Healthy soil is essential for healthy plants.  Using cover crops in the home garden is one way to promote soil health. 

Cover crops are non-harvested crops that add organic matter to the soil, transfer nitrogen by creating nitrogen compounds usable by plants, and break up heavy clay or compacted soil. 

Cover crops are planted either before you plant your garden or after harvest.  They can also be planted in areas that are unused for the season. 

Using cover crops in the home garden has many benefits.  Improving soil structure, drawing nutrients up from deep in the soil, and increasing soil fertility are just a few ways cover crops to improve soil health.  Suppression of weeds, habitat for beneficial insects, increased biodiversity are other ways cover crops work for the garden's good.

There are two types of cover crops to consider, warm-season and cool-season. Warm-season cover crops are planted in spring or summer before your garden plants or in a fallow area.  Buckwheat, cowpeas, and crimson clover are warm-season cover crops used in the home garden. 

Cool-season cover crops are planted late summer or early fall after the harvest of your vegetables.

Keep in mind that these cool-season cover crops need to germinate and grow before winter temperatures. Oats, winter wheat, winter rye, and crimson clover can be used as cool-season cover crops. 

Crimson clover and cowpeas are legumes that can take nitrogen from the air and convert it to a form usable by plants.  Notice that crimson clover can be used as either a warm-season or cool-season cover crop.

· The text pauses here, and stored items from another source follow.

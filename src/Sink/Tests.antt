-- ===== src/Sink/Tests.antt =====
-- The theorems on the sink at concrete answers of PAL.
use audioreach_pulseaudio_pl.Sink.{Sink, SinkStates, no_event, set_state, sink_start}
use audioreach_pulseaudio_pl.Pal.{
  Handle, History, MediaConfig, audio_output, deep_buffer, no_loopback, out_speaker, stream_write,
}
use audioreach_pulseaudio_pl.Base.{
  Bool, [], arith, false, inl, length, none, pos, refl, some, true, ℕ, ◌*◌, ◌+◌, ◌-◌, ◌<◌, ◌==◌,
  ◌∷◌, ◌≡◌,
}
use audioreach_pulseaudio_pl.Sink.Leak.{StartOutcome, sink_start_lem, starts, starts_leak}
use audioreach_pulseaudio_pl.Sink.Lifecycle.{IsValid}
use audioreach_pulseaudio_pl.Sink.Reach.{Reach-safe, here, next, change_state}
use audioreach_pulseaudio_pl.Sink.Write.Ranges.{write_chunk_ends, write_chunk_parts}
use audioreach_pulseaudio_pl.Sink.Write.Ends.{write_chunk_pcm, PcmEnd}
use audioreach_pulseaudio_pl.Sink.Write.{write_chunk, write_loop, WriteEnd}
use audioreach_pulseaudio_pl.Pal.Live.{live, safe}
use audioreach_pulseaudio_pl.Pal.Examples.{
  some_info, working, refuses_start, refuses_buffer_size, takes_four,
}
use audioreach_pulseaudio_pl.Source.Tests.{pulse, spec, stereo}
use audioreach_pulseaudio_pl.Sink.Reconfigure.{PaSink, reconfigure_sink}
use audioreach_pulseaudio_pl.Sink.Reconfigured.{SinkOutcome, reconfigure_sink-SinkOutcome}
use audioreach_pulseaudio_pl.Sink.Rates.{s32le}
use audioreach_pulseaudio_pl.Pal.Examples.{some_formats}

abbrev config : MediaConfig
config = record { sample_rate = 48000; bit_width = 16; aud_fmt_id = 1; ch_info = some_info }

abbrev closed_sink : Sink
closed_sink = record {
  stream_handle = none;
  stream_attributes = record {
    stream_type = deep_buffer;
    loopback_type = no_loopback;
    direction = audio_output;
    in_media_config = config;
    out_media_config = config;
  };
  pal_device = record { id = out_speaker; config = config; custom_key = "" };
  buffer_size = 1024;
  buffer_count = 4;
  bytes_written = 0;
  sess_time = 0;
  standby = true;
  compressed = false;
  dynamic_usecase = false;
  restart_in_progress = false;
  close_output = true;
  sink_event_id = no_event;
  pal_sink_opened = false;
}

sink_start_example :
    StartOutcome refuses_start closed_sink [] (sink_start refuses_start closed_sink [])
sink_start_example = sink_start_lem refuses_start closed_sink [] refl refl

starts_leak_example :
    (length (live refuses_buffer_size (starts 3 refuses_buffer_size closed_sink []).1) ≡ 3)
    × ((starts 3 refuses_buffer_size closed_sink []).0.pal_sink_opened ≡ false)
starts_leak_example =
    starts_leak 3 refuses_buffer_size closed_sink [] (λ a ds u. refl) (λ h a b u. refl) refl refl

-- Of the states, 0 is the initial one, 1 a running one, 2 suspended and 3 unlinked.
abbrev states : SinkStates
states = record {
  init = 0;
  suspended = 2;
  unlinked = 3;
  is_opened = λ n. n == 1;
  is_running = λ n. n == 1;
}

closed-IsValid : IsValid working closed_sink []
closed-IsValid = record {
  handle_live = inl refl;
  opened_stored = inl refl;
  started_opened = inl refl;
}

Reach-safe_example :
    let (r1, s1, t1) = set_state working states 0 1 closed_sink [] in
    let (r2, s2, t2) = set_state working states 1 2 s1 t1 in
    IsValid working s2 t2 × (safe working t2 ≡ true)
Reach-safe_example =
    Reach-safe working states closed_sink [] closed-IsValid
      (next (next here (change_state 0 1)) (change_state 1 2))

abbrev opened : History → Bool × Handle
opened t = (false, some 0)

write_chunk_pcm_example :
    (e : WriteEnd) × (write_chunk working opened false 10 0 1 [] ≡ some e)
    × PcmEnd working false (some 0) 10 0 [] e
write_chunk_pcm_example = write_chunk_pcm working opened 10 0 0 []

takes_some :
    (h a b r : ℕ) (u : History)
    → takes_four.rc u (stream_write (some h) a b) ≡ pos r
    → r < b
    → 0 < r
takes_some h a b r u e l = ground arith

write_chunk_ends_example : (e : WriteEnd) × (write_chunk takes_four opened true 10 0 11 [] ≡ some e)
write_chunk_ends_example = write_chunk_ends takes_four opened true 10 0 [] takes_some (omega arith)

write_chunk_parts_example :
    let second = stream_write (some 0) 4 6 ∷ stream_write (some 0) 0 10 ∷ [] in
    (write_chunk takes_four opened true 10 0 11 []
      ≡ write_loop takes_four opened true 10 0 9 12 2 second)
    × ((2 * 4 + 4) + (10 - 4 - 4) ≡ 10 + 4)
write_chunk_parts_example =
    write_chunk_parts takes_four opened 10 0 0 4 4 9 [] (λ u. refl) (omega arith) refl (omega arith)
      refl (omega arith)

abbrev suspended_sink : PaSink
suspended_sink = record {
  state = 2;
  thread_state = 2;
  sample_spec = record { rate = 48000; channels = 1; format = s32le };
  channel_map = stereo;
  reference_volume = record { channels = 1; values = λ i. 65536 };
  max_request = 1024;
  fixed_latency = 25000;
}

reconfigure_sink-SinkOutcome_example : SinkOutcome pulse 7 suspended_sink spec (
    reconfigure_sink working states some_formats pulse 7 4 7 spec suspended_sink none closed_sink
      [])
reconfigure_sink-SinkOutcome_example =
    reconfigure_sink-SinkOutcome working states some_formats pulse 7 4 7 spec suspended_sink none
      closed_sink [] refl refl
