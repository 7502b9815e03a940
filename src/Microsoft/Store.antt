-- ===== src/Microsoft/Store.antt =====
-- The builds with USBD_LPM_SUPPORT or USBD_MS_OS_DESC_VERSION: the BOS descriptor and the MS OS string
-- of Device/usbd_desc.c, and the vendor request of `USBD_DevRequest` of Device/usbd.c.
use usbdevice.Base.{
  ℕ, ◌/◌, ◌%◌, Bool, true, false, ◌&&◌, ◌||◌, Option, List, [], ◌∷◌, ◌++◌, length, ◌==◌,
  if◌then◌else◌, overwrite,
}
use usbdevice.Device.{
  ReturnType, e_invalid, is_in, type_standard, req_get_descriptor, Platform, Device,
}
use usbdevice.World.{World, Class, on_dev, on_dev_result}
use usbdevice.Text.{string_desc}
use usbdevice.Descriptor.{le16, send_written, get_descriptor}
use usbdevice.Request.{dev_request}
use usbdevice.Microsoft.{ms_os_desc, get_ms_descriptor1, get_ms_descriptor2}

-- USBD_MS_OS_DESC_VERSION
pub data MsVersion : Type 0 where
  version_0 version_1 version_2 : MsVersion

-- The build options, and `Desc->Config.LPM`, the choice of the application.
pub record StoreOptions : Type 0 where
  pub version : MsVersion
  pub lpm_support : Bool
  pub lpm : Bool

-- `USB_DevCapabilityDescType`: the bits 1 and 2 tell of the link power management.
abbrev dev_capability : StoreOptions → List ℕ
dev_capability o = 7 ∷ 0x10 ∷ 2 ∷ (if o.lpm_support && o.lpm then 6 else 0) ∷ 0 ∷ 0 ∷ 0 ∷ []

-- `PlatformCapabilityUUID` of the MS OS 2.0 descriptors.
abbrev platform_uuid : List ℕ
platform_uuid =
    0xDF ∷ 0x60 ∷ 0xDD ∷ 0xD8 ∷ 0x89 ∷ 0x45 ∷ 0xC7 ∷ 0x4C ∷ 0x9C ∷ 0xD2 ∷ 0x65 ∷ 0x9D ∷ 0x9E ∷ 0x64
    ∷ 0x8A ∷ 0x9F ∷ []

-- `USB_MsPlatformCapabilityDescType`, for a set of this length.
abbrev platform_capability : ℕ → List ℕ
platform_capability len =
    28 ∷ 0x10 ∷ 5 ∷ 0 ∷ platform_uuid ++ (0 ∷ 0 ∷ 3 ∷ 6 ∷ (le16 len ++ (1 ∷ 0 ∷ [])))

abbrev is_2 : MsVersion → Bool
is_2 version_2 = true
is_2 _ = false

abbrev is_1 : MsVersion → Bool
is_1 version_1 = true
is_1 _ = false

-- The BOS descriptor, `usbd_bosDesc` with its fields of the moment: `len` is the length of the set.
unfoldable pub bos_desc : StoreOptions → ℕ → List ℕ
bos_desc o len =
    if is_2 o.version
    then 5 ∷ 0x0F ∷ 40 ∷ 0 ∷ 2 ∷ (dev_capability o ++ platform_capability len)
    else 5 ∷ 0x0F ∷ 12 ∷ 0 ∷ 1 ∷ dev_capability o

-- `usbd_msos1p0`, up to its zero.
abbrev msos1p0 : List ℕ
msos1p0 = b'M' ∷ b'S' ∷ b'F' ∷ b'T' ∷ b'1' ∷ b'0' ∷ b'0' ∷ 1 ∷ []

-- USB_REQ_TYPE_VENDOR, USB_REQ_MICROSOFT_OS, USB_DESC_TYPE_BOS and USBD_ISTR_MS_OS_1p0_DESC
abbrev pub type_vendor : ℕ
type_vendor = 2

abbrev pub req_microsoft_os : ℕ
req_microsoft_os = 1

abbrev pub desc_type_bos : ℕ
desc_type_bos = 0x0F

abbrev istr_ms_os : ℕ
istr_ms_os = 0xEE

module _ {S : Type 0} (p : Platform) (c : Class S) (o : StoreOptions)
    (compatible_id : ℕ → Option (List ℕ)) where
  -- The case USB_DESC_TYPE_BOS of `USBD_GetDescriptor`: the set is made for its length, and then
  -- overwritten.
  unfoldable pub get_bos : World S → ReturnType × World S
  get_bos w =
      let set = if is_2 o.version then ms_os_desc compatible_id w.dev else [] in
      let bos = bos_desc o (length set) in
      send_written p c (length bos, bos)
        (on_dev (λ d. record d { ctrl_data = overwrite set d.ctrl_data }) w)

  -- `USBD_GetDescriptor` with the two cases of these builds.
  unfoldable pub get_store_descriptor : World S → ReturnType × World S
  get_store_descriptor w =
      let v = w.dev.setup.value in
      if (v / 256 == desc_type_bos) && (o.lpm_support || is_2 o.version)
      then get_bos w
      else if (v / 256 == 3) && (v % 256 == istr_ms_os) && is_1 o.version
      then send_written p c (string_desc msos1p0) w
      else get_descriptor p c w

  -- `USBD_GetMsDescriptor` of the build.
  abbrev get_ms_descriptor : MsVersion → Device → ReturnType × Device
  get_ms_descriptor version_0 d = (e_invalid, d)
  get_ms_descriptor version_1 d = get_ms_descriptor1 compatible_id p d
  get_ms_descriptor version_2 d = get_ms_descriptor2 compatible_id p d

  -- `USBD_DevRequest` with the vendor request.
  unfoldable pub store_dev_request : World S → ReturnType × World S
  store_dev_request w =
      let s = w.dev.setup in
      if (s.type == type_standard) && (s.request == req_get_descriptor)
      then get_store_descriptor w
      else if (s.type == type_vendor) && (s.request == req_microsoft_os) && is_in s.direction
      then on_dev_result (get_ms_descriptor o.version) w
      else dev_request p c w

When planting a cover crop, there is no need to cover the seeds.  Allow the plants to grow until the flowering stage.  Once flowering begins, either mow or cut down as close to the ground as possible to prevent seed formation. If the crop is cut down too early, it may regrow.  If it is cut down too late, it may reseed. 

After cutting down the cover crop, you can leave the cut portion as a mulch on top of the soil or till it into the ground.  Leaving the plant material as a mulch can help suppress weed pressure.  Tilling can help incorporate the organic matter into the soil, but it also disrupts the delicate soil ecosystem.  Each garden is unique, so you must decide what is suitable for each situation.

Winter hardy cover crops or crops not killed by the mowing could be tilled into the soil.  A cover crop that is killed by winter temperatures would not require tilling the debris into the soil.

It is important to follow the mow, wait, plant rule when using cover crops.  After mowing the cover crop, leave the plant debris to sit for two to four weeks before planting your vegetables.  The residue needs time to break down and the flush of microbial activity to slow before new plants start growing. 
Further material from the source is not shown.